Le premier effet d’un tel système, c’est naturellement le grand nombre des nobles, et par suite, le peu d’aisance, le peu d’éducation, le peu de considération de beaucoup d’entre eux. Dans la seule Russie d’Europe, les statistiques donnent, pour le dvorianstvo héréditaire, environ 600 000 âmes, pour la noblesse personnelle et les petits employés, au moins 350 000[1]. Il y aurait là de quoi recruter une armée entièrement composée de nobles. En Angleterre, en Allemagne même, dans tous les pays où la noblesse a conservé un prestige politique ou seulement un lustre de vanité, le nombre des hommes qui en sont revêtus est beaucoup moindre. En Russie, la multitude des nobles fait qu’on en trouve partout, à tous les degrés de l’échelle sociale, dont ils sembleraient devoir occuper le faîte. C’est dans le sein du dvorianstvo, plutôt que dans la classe officielle des bourgeois, qu’il faut encore aujourd’hui chercher l’équivalent de notre bourgeoisie. « Qu’est-ce que votre noblesse ? demandait un de mes compagnons de voyage, à la table d’un juge de paix des bords du Volga ? — La noblesse, répondit le maître de maison, ce sont nos convives, c’est nous tous ici ». C’est là une réponse qu’on pourrait faire souvent en Russie et partout où se montrent des Russes à l’étranger. Les nobles, c’est tout ce qui n’est pas paysan, marchand ou prêtre, tous les gens que l’on rencontre dans le monde, tous les hommes de quelque éducation à la ville et à la campagne. À cet égard on pourrait encore presque dire : en Russie, la noblesse, c’est tout le monde.

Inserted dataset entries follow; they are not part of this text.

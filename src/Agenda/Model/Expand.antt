-- ===== src/Agenda/Model/Expand.antt =====
-- src/pic_agentic/agenda/model.py: `AgendaGroup.add` of one entry, and `AgendaGroup.expand` over a
-- sweep. Python's `repr`, the caller's `synthesized` and `readable_label` are parameters.
pub mod Laws
use Prim.Native.Char.{Char, code}
use pic_agentic.Common.{
  ℕ, String, Bool, true, false, Option, none, some, List, [], ◌∷◌, is_some, concat, nat_eq,
  is_empty, if◌then◌else◌,
}
use pic_agentic.Common.Float.{zero_f}
use pic_agentic.Common.Value.{Value, Fields, end, field}
use pic_agentic.Agenda.Model.{
  Status, planned, AgendaSweep, AgendaSim, GroupInfo, Entry, sim, group, Entries, AgendaGroup,
  get_entry, append_entry, NameError, existing_entry, validate_entry_name,
}

pub data Result (A : Type 0) : Type 0 where
  ok : A → Result A
  err : NameError → Result A

-- `_coerce_entry` of a leaf or a group: the copy carries the key as its name.
unfoldable pub rename : String → Entry → Entry
rename name (sim s) = sim (record s { name = name })
rename name (group info es) = group (record info { name = name }) es

-- `group.add(name=entry)`
unfoldable pub add : String → Entry → AgendaGroup → Result AgendaGroup
unfolding rename
add name e agenda = elim (validate_entry_name name) [
  | some problem ↦ err problem
  | none ↦
      if is_some (get_entry name agenda.entries)
      then err existing_entry
      else ok (record agenda { entries = append_entry name (rename name e) agenda.entries })
]

-- `text.replace("/", "_")`
unfoldable pub replace_slash : String → String
replace_slash String.[] = String.[]
replace_slash (String.◌∷◌ c s) =
    concat (if nat_eq (code c) b'/' then "_" else String.◌∷◌ c String.[]) (replace_slash s)

pub record Synthesis : Type 0 where
  pub repr : Value → String
  pub synthesized : Fields → Fields
  pub readable_label : String → Option String

-- A leaf as the constructor makes it, with its defaults.
abbrev pub new_sim : String → Fields → Option Fields → Option String → AgendaSim
new_sim name spec point label = record {
  name = name;
  spec = spec;
  point = point;
  sweep_parameter = label;
  status = planned;
  depends_on = [];
  sim_id = none;
  deferred_attempts = 0;
  deferred_since = none;
  run_id = none;
  requires_approval = false;
  approved = false;
  estimated_core_hours = zero_f;
  estimated_gpu_hours = zero_f;
  actual_core_hours = none;
  actual_gpu_hours = none;
  is_gpu = false;
  reused = false;
  error = none;
  error_code = none;
  stage = none;
  suspect = none;
}

abbrev pub with_entries : AgendaGroup → Result Entries → Result AgendaGroup
with_entries agenda (ok es) = ok (record agenda { entries = es })
with_entries agenda (err problem) = err problem

-- `base_name or self.name`
abbrev pub base_of : Option String → AgendaGroup → String
base_of none agenda = agenda.info.name
base_of (some base) agenda = if is_empty base then agenda.info.name else base

module _ (y : Synthesis) where
  unfoldable pub label : AgendaSweep → Value → String
  unfolding replace_slash
  label sweep value = concat sweep.parameter (concat "=" (replace_slash (y.repr value)))

  abbrev pub assignment : AgendaSweep → Value → Fields
  assignment sweep value = field sweep.parameter value end

  unfoldable pub leaf_name : String → AgendaSweep → Value → String
  unfolding label
  leaf_name base sweep value = concat base (concat "__" (label sweep value))

  unfoldable pub swept_leaf : String → AgendaSweep → Value → AgendaSim
  unfolding leaf_name
  swept_leaf base sweep value =
      let point = assignment sweep value in
      new_sim (leaf_name base sweep value) (y.synthesized point) (some point)
        (y.readable_label sweep.parameter)

  -- the body of the `for value in sweep.values` loop
  unfoldable pub expand_values : String → AgendaSweep → List Value → Entries → Result Entries
  unfolding swept_leaf
  expand_values base sweep [] es = ok es
  expand_values base sweep (v ∷ vs) es =
      let name = leaf_name base sweep v in
      let rest =
        expand_values base sweep vs (append_entry name (sim (swept_leaf base sweep v)) es) in
      elim (validate_entry_name name) [
        | some problem ↦ err problem
        | none ↦ if is_some (get_entry name es) then err existing_entry else rest
      ]

  unfoldable pub expand : AgendaSweep → Option String → AgendaGroup → Result AgendaGroup
  unfolding expand_values
  expand sweep base_name agenda =
      let base = base_of base_name agenda in
      let expanded = with_entries agenda (expand_values base sweep sweep.values agenda.entries) in
      elim (validate_entry_name base) [ some problem ↦ err problem | none ↦ expanded ]
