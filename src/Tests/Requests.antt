-- ===== src/Tests/Requests.antt =====
-- Whole requests, from the route to the response, on the small world.
use chuchu.Prelude.{refl, ◌≡◌, true, false, String, [], ◌∷◌, none}
use chuchu.Prelude.Text.{trim_space}
use chuchu.Apperr.{foreign}
use chuchu.Effect.{ok}
use chuchu.Httpx.Failures.{has}
use chuchu.Property.{Property, status_valid, layout_valid, rental_mode_valid, can_transition}
use chuchu.Property.Service.{change_status, apply_status}
use chuchu.Property.Httpapi.{create_property, change_property_status, to_api_property}
use chuchu.Property.Httpapi.Changes.{Moved}
use chuchu.Property.Pgrepo
use chuchu.Property.Pgrepo.{Db, PropertyModel, repository, to_model, to_domain, check_affected}
use chuchu.Property.Pgrepo.Refines.{rows, repository-IsRepository}
use chuchu.Api.{json_property, json_health, visit_change_property_status, visit_create_property}
use chuchu.Api.Strict.{strict_change_property_status, strict_create_property}
use chuchu.Api.Wrapper
use chuchu.Api.Wrapper.{
  ListQuery, bound, not_bound, handler_with_options, wrap_change_property_status,
}
use chuchu.Api.Statuses.{action_status}
use chuchu.Apihttp.Mount.{mount}
use chuchu.Server.Chain.{sent_status}
use chuchu.App.{Route, api_route, new_handler, api_server}
use chuchu.App.Sent.{new_handler-status}
use chuchu.App.Contract.{new_handler-documented}
use chuchu.App.Creates.{new_handler-Created}
use chuchu.Property.Httpapi.Creates.{Created}
use chuchu.Property.Service
use chuchu.Property.Service.{parse_input, parse_fee, build}
use chuchu.Property.Input.{validate, validate_positive_decimal, validate_non_negative_decimal}
use chuchu.App.Moves.{new_handler-Moved}
use chuchu.App.Responses.{json_response}
use chuchu.App.Readiness.{Names, new_handler-healthz}
use chuchu.Health.{Report}
use chuchu.Tests.World.{world, find, memory, memory-IsDb, world-DecimalLaws, memory-IsForeign}
use chuchu.Tests.Site.{
  rooms, encode, encode-foreign, writers, request, moment, deps, new_room, let_out,
}

-- A listing with a page that is no number.
abbrev bad_listing : Wrapper.Operation world
bad_listing = Wrapper.list_properties (record {
  page = not_bound false (foreign "abc");
  page_size = bound none;
  status = bound none;
  rental_mode = bound none;
  city = bound none;
})

new_handler-documented_example :
    let ((calls, entry), t) =
      new_handler world deps writers "r1" request (λ k. "") moment (api_route bad_listing) rooms in
    (has (200 ∷ 400 ∷ 500 ∷ []) (sent_status calls) ≡ true)
    × (has (200 ∷ 400 ∷ 500 ∷ []) entry.status ≡ true)
new_handler-documented_example =
    new_handler-documented world deps writers memory-IsForeign encode-foreign "r1" request (λ k. "")
      moment bad_listing rooms

new_handler-Moved_example :
    let op : Route world = api_route (Wrapper.change_property_status (ok 7) (ok let_out)) in
    let ((calls, entry), t) =
      new_handler world deps writers "r1" request (λ k. "") moment op rooms in
    (status_valid "OCCUPIED" ≡ true)
    × ((q : Property world) × Moved world
          (rows world find)
          (repository world memory)
          (repository-IsRepository world find memory memory-IsDb)
          3
          7
          "OCCUPIED"
          rooms
          q
          t
        × ((text : String) × (encode (json_property (to_api_property world q)) ≡ ok text)
            × (calls ≡ json_response 200 "r1" (λ k. "") text)))
unfolding action_status mount handler_with_options wrap_change_property_status
    strict_change_property_status api_server visit_change_property_status change_property_status
    status_valid change_status apply_status can_transition Pgrepo.get_by_id Pgrepo.update to_model
    to_domain check_affected
new_handler-Moved_example =
    let op : Wrapper.Operation world = Wrapper.change_property_status (ok 7) (ok let_out) in
    new_handler-Moved world find deps writers memory-IsDb "r1" request (λ k. "") moment 7 let_out
      rooms (new_handler-status world deps writers "r1" request (λ k. "") moment op rooms).0

new_handler-healthz_example :
    let ((calls, entry), t) =
      new_handler world deps writers "r1" request
        (λ k. "")
        moment
        (api_route Wrapper.get_healthz)
        rooms in
    (report : Report) × (text : String) × Names moment report
    × (encode (json_health report) ≡ ok text)
    × (calls ≡ json_response 503 "r1" (λ k. "") text)
    × (t ≡ rooms)
new_handler-healthz_example =
    new_handler-healthz world deps writers (λ b. ("{}", refl)) "r1" request (λ k. "") moment rooms

new_handler-Created_example :
    let op : Route world = api_route (Wrapper.create_property (ok new_room)) in
    let ((calls, entry), t) =
      new_handler world deps writers "r1" request (λ k. "") moment op rooms in
    (p : Property world) × Created world
      (rows world find)
      world-DecimalLaws
      (repository world memory)
      (repository-IsRepository world find memory memory-IsDb)
      8
      3
      rooms
      p
      t
    × ((text : String) × (encode (json_property (to_api_property world p)) ≡ ok text)
        × (calls ≡ json_response 201 "r1" (λ k. "") text))
unfolding action_status mount handler_with_options strict_create_property api_server
    visit_create_property create_property Service.create validate validate_positive_decimal
    validate_non_negative_decimal rental_mode_valid layout_valid parse_input parse_fee build
    Pgrepo.create to_model trim_space
new_handler-Created_example =
    let op : Wrapper.Operation world = Wrapper.create_property (ok new_room) in
    new_handler-Created world find deps writers world-DecimalLaws memory-IsDb "r1" request (λ k. "")
      moment new_room rooms
      (new_handler-status world deps writers "r1" request (λ k. "") moment op rooms).0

Du fond obscur de cette plèbe nobiliaire se détachent naturellement un certain nombre de familles, les unes entourées d’une illustration qui se perd dans les ténèbres de l’ancienne Moscovie, les autres plus ou moins récemment mises en lumière par l’éclat des services. De telles familles,

  1. Statistitcheskii Vrémennik, 1871, 1873, 1879.